[Records from a dataset]
┄┄┄┄┄┄
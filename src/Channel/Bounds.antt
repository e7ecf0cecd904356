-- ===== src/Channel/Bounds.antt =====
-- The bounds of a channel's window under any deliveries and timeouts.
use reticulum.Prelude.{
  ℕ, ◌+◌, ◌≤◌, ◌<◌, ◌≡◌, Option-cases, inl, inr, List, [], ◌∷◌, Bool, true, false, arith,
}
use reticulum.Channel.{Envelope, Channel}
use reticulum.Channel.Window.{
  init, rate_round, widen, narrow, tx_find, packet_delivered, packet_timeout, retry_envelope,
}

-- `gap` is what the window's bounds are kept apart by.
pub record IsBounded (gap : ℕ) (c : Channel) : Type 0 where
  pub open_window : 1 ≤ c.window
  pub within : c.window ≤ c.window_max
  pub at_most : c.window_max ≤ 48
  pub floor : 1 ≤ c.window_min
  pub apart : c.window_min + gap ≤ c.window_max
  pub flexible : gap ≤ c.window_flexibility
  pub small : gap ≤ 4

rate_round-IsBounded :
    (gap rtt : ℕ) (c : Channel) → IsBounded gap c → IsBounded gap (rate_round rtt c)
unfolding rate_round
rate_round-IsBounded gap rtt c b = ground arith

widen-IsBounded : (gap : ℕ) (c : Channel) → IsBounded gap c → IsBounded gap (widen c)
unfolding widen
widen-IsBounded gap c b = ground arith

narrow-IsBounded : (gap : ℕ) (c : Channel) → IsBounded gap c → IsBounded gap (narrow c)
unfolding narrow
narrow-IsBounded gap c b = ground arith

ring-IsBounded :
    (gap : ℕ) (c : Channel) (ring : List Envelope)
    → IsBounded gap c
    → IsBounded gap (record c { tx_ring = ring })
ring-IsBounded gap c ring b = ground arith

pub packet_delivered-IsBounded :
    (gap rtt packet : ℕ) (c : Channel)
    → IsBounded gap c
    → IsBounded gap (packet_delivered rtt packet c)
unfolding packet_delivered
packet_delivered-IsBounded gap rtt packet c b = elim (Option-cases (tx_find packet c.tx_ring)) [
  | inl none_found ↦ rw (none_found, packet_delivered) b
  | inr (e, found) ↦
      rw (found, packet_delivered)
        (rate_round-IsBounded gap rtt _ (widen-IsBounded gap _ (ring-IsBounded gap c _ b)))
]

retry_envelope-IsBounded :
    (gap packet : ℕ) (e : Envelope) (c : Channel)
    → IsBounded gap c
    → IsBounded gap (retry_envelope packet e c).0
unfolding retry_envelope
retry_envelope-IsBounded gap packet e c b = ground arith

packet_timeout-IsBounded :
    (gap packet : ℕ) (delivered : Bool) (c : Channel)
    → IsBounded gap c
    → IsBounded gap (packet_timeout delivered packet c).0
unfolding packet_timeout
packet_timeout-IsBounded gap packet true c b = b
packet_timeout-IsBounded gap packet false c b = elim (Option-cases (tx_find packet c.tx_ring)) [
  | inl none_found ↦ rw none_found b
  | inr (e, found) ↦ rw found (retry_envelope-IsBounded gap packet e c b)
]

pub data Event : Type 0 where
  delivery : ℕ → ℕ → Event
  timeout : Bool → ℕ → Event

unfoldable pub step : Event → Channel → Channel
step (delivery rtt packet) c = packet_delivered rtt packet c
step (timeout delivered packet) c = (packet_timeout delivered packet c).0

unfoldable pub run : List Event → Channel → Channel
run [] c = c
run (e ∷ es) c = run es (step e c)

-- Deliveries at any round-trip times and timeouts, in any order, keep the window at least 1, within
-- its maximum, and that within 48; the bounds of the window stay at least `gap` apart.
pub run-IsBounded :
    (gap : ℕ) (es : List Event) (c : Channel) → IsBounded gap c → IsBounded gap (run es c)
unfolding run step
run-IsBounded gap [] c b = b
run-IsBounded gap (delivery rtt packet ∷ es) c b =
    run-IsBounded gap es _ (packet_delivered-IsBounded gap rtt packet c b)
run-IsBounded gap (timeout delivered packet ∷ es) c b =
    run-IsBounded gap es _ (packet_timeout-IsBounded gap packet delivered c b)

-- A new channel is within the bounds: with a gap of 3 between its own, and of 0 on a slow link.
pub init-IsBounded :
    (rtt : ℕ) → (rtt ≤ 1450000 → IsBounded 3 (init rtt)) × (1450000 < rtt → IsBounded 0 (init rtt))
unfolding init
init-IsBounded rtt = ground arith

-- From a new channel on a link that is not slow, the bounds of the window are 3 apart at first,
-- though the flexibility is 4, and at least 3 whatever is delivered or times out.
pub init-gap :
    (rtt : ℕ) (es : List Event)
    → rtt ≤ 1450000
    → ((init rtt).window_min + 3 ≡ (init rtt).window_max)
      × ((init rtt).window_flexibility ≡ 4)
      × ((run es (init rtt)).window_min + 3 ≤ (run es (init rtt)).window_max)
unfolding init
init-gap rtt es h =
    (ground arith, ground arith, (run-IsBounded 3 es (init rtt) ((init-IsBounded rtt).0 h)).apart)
┄┄┄┄┄┄
_EXERCISE INSTRUCTIONS_.
For each line in the entries that contains the string "widen", make a copy.

_ANSWER SECTION_.
  init, rate_round, widen, narrow, tx_find, packet_delivered, packet_timeout, retry_envelope,
widen-IsBounded : (gap : ℕ) (c : Channel) → IsBounded gap c → IsBounded gap (widen c)
unfolding widen
widen-IsBounded gap c b = ground arith
        (rate_round-IsBounded gap rtt _ (widen-IsBounded gap _ (ring-IsBounded gap c _ b)))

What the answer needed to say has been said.